Subject: File No. 4-606
From: Christopher C Hirschfeld

August 2, 2010

Through my active involvment and membership in NAIFA (National Association of Insurance and Financial Advisors)I was made aware of your 30 day public comment period regarding the effectiveness of regulations governing broker-dealers and investment advisers. It is my understanding that the question at hand is whether the legal fiduciary duty governing investment advisers provides greater investor protection than the suitability standard governing broker-dealers.

I would be grateful if you would consider my comments as part of your analysis.

I have been Series 7/Series 63 licensed since 1995. In my 15 years, I have seen an explosion in regulations which further restricts us as professionals. In addition, clients react negatively to the additional levels of compliance we must overcome simply to open or maintain an account for our clients. In my opinion, the costs of additional regulations significantly outweigh the benefits to consumers. I cannot think of another industry where professionals are as regulated as this one.

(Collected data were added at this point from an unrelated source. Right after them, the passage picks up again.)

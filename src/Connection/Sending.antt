-- ===== src/Connection/Sending.antt =====
-- The two `if` statements of `exchangeData` that send.
use nsu_net_course.Prelude.{
  [], ◌∷◌, ◌++◌, ◌≡◌, ◌≢◌, refl, sym, ◌∙◌, is_positive, append-nil, arith, inl, inr, Bool-cases,
  le→leb,
}
use nsu_net_course.Kernel.{Kernel, Trace, Sent, took, no_room, write_error, sent, FdSet}
use nsu_net_course.Kernel.Returns.{Returns}
use nsu_net_course.Kernel.Traffic.{handed, same_self, same_other}
use nsu_net_course.FdSet.{fd_isset}
use nsu_net_course.Buffer.{prefix}
use nsu_net_course.Connection.{Connection, after_send_cf, after_send_fc, push_cf, push_fc}
use nsu_net_course.Connection.Transfer.{IsSound, Moves, Moves-still, pending_cf, pending_fc}
use nsu_net_course.Connection.Receiving.{Advances}

pub after_send_cf-IsSound : (r : Sent) (c : Connection) → IsSound c → IsSound (after_send_cf r c)
unfolding after_send_cf
after_send_cf-IsSound (took n) c v = ground arith
after_send_cf-IsSound no_room c v = v
after_send_cf-IsSound write_error c v = ground arith

pending-after_send_cf :
    (r : Sent) (c : Connection)
    → (pending_cf c ≡ handed (pending_cf c) r ++ pending_cf (after_send_cf r c))
      × (pending_fc (after_send_cf r c) ≡ pending_fc c)
      × ((after_send_cf r c).client_socket ≡ c.client_socket)
      × ((after_send_cf r c).forwarding_socket ≡ c.forwarding_socket)
unfolding after_send_cf prefix
pending-after_send_cf (took n) c = (sym (append-nil _), refl, refl, refl)
pending-after_send_cf no_room c = (refl, refl, refl, refl)
pending-after_send_cf write_error c = (refl, refl, refl, refl)

pub after_send_cf-Moves :
    (r : Sent) (c : Connection) (t : Trace)
    → c.client_socket ≢ c.forwarding_socket
    → Moves c t (after_send_cf r c) (sent c.forwarding_socket (pending_cf c) r ∷ t)
after_send_cf-Moves r c t apart = record {
  same_client = (pending-after_send_cf r c).2;
  same_forward = (pending-after_send_cf r c).3;
  in_cf = [];
  in_fc = [];
  out_cf = handed (pending_cf c) r;
  out_fc = [];
  from_client = sym (append-nil _);
  from_forward = sym (append-nil _);
  to_forward = rw (same_self c.forwarding_socket);
  to_client = rw (same_other c.forwarding_socket _ (λ e. apart (sym e))) (sym (append-nil _));
  cf_kept = append-nil _ ∙ (pending-after_send_cf r c).0;
  fc_kept = append-nil _ ∙ sym (pending-after_send_cf r c).1;
}

pub push_cf_lem :
    (k : Kernel) (t : Trace) (wr : FdSet) (c : Connection)
    → c.client_socket ≢ c.forwarding_socket
    → IsSound c
    → Returns (push_cf wr c k t) (Advances c t)
unfolding push_cf fd_isset
push_cf_lem k t wr c apart v = elim (Bool-cases (is_positive c.data_cf)) [
  | inr busy ↦ rw busy (v, Moves-still c t)
  | inl some_data ↦ elim (Bool-cases (wr c.forwarding_socket)) [
    | inr full ↦ rw (some_data, v.forward_in_range, full) (v, Moves-still c t)
    | inl ready ↦
        let r = k.send_to t c.forwarding_socket (pending_cf c) in
        rw (some_data, v.forward_in_range, ready, le→leb _ _ v.cf_fits)
          (after_send_cf-IsSound r c v, after_send_cf-Moves r c t apart)
  ]
]

pub after_send_fc-IsSound : (r : Sent) (c : Connection) → IsSound c → IsSound (after_send_fc r c)
unfolding after_send_fc
after_send_fc-IsSound (took n) c v = ground arith
after_send_fc-IsSound no_room c v = v
after_send_fc-IsSound write_error c v = ground arith

pending-after_send_fc :
    (r : Sent) (c : Connection)
    → (pending_fc c ≡ handed (pending_fc c) r ++ pending_fc (after_send_fc r c))
      × (pending_cf (after_send_fc r c) ≡ pending_cf c)
      × ((after_send_fc r c).forwarding_socket ≡ c.forwarding_socket)
      × ((after_send_fc r c).client_socket ≡ c.client_socket)
unfolding after_send_fc prefix
pending-after_send_fc (took n) c = (sym (append-nil _), refl, refl, refl)
pending-after_send_fc no_room c = (refl, refl, refl, refl)
pending-after_send_fc write_error c = (refl, refl, refl, refl)

pub after_send_fc-Moves :
    (r : Sent) (c : Connection) (t : Trace)
    → c.client_socket ≢ c.forwarding_socket
    → Moves c t (after_send_fc r c) (sent c.client_socket (pending_fc c) r ∷ t)
after_send_fc-Moves r c t apart = record {
  same_forward = (pending-after_send_fc r c).2;
  same_client = (pending-after_send_fc r c).3;
  in_fc = [];
  in_cf = [];
  out_fc = handed (pending_fc c) r;
  out_cf = [];
  from_forward = sym (append-nil _);
  from_client = sym (append-nil _);
  to_client = rw (same_self c.client_socket);
  to_forward = rw (same_other _ _ apart) (sym (append-nil _));
  fc_kept = append-nil _ ∙ (pending-after_send_fc r c).0;
  cf_kept = append-nil _ ∙ sym (pending-after_send_fc r c).1;
}

pub push_fc_lem :
    (k : Kernel) (t : Trace) (wr : FdSet) (c : Connection)
    → c.client_socket ≢ c.forwarding_socket
    → IsSound c
    → Returns (push_fc wr c k t) (Advances c t)
unfolding push_fc fd_isset
push_fc_lem k t wr c apart v = elim (Bool-cases (is_positive c.data_fc)) [
  | inr busy ↦ rw busy (v, Moves-still c t)
  | inl some_data ↦ elim (Bool-cases (wr c.client_socket)) [
    | inr full ↦ rw (some_data, v.client_in_range, full) (v, Moves-still c t)
    | inl ready ↦
        let r = k.send_to t c.client_socket (pending_fc c) in
        rw (some_data, v.client_in_range, ready, le→leb _ _ v.fc_fits)
          (after_send_fc-IsSound r c v, after_send_fc-Moves r c t apart)
  ]
]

While proteting the consumer is of utmost importance, there has to be a balance.

Every industry/profession has unscrupulous practitioners. Prosectute them for their actions, rather than judge all registered reps as guilty by way of adding additional restrictions to their practice.

Members of our professional community have made various efforts to convince the public that their method of fees is "better" or "more ethical." It is my experience that providing quality service at an economical value to the client is ultimately a better solution than simply being "fee-only" for example. Marketing the "fee only" brand is just that, "marketing." There is no guarantee that a fee-only advisor is more ethical than a commission-based practitioner. If a commission-based professional helps clients achieve their financial objectives at a lower cost, who served the client better?

Additionally, many commission-based professionals are compensated only if they provide a solution in which a client finds value. Many "investment advisors" make money whether the client makes money or not. Also, many advisors hold themselves out at "financial planners" even though their entire compensation is tied to investments being managed (a narrow focus).

Investment advisors and registered representatives are somewhat different. Let the practitioners choose their method of practice and therefore, their appropriate regulatory body. The two should not be held to the same exact fiduciary standard. All this will do is create more legal fees, and more class-action fees for attorneys. Where does the consumer really benefit from this?

I believe that the vast majority of registered representatives are ethical in their practice. The same as most doctors, most attorneys, and most CPAs.

We have more than enough regulations to prosecute misguided professionals. More regulations will simply increase costs, increase inefficiencies, increase client frustrations, increase class action fees that simply benefit attorneys and ultimately result in customers trying to be "do it yourself" financial advisors. What will be the ultimate cost to society if professionals are driven from the industry due to excess regulations or customers avoid advisors because of the high level of inefficiencies to open or maintain accounts with an advisor?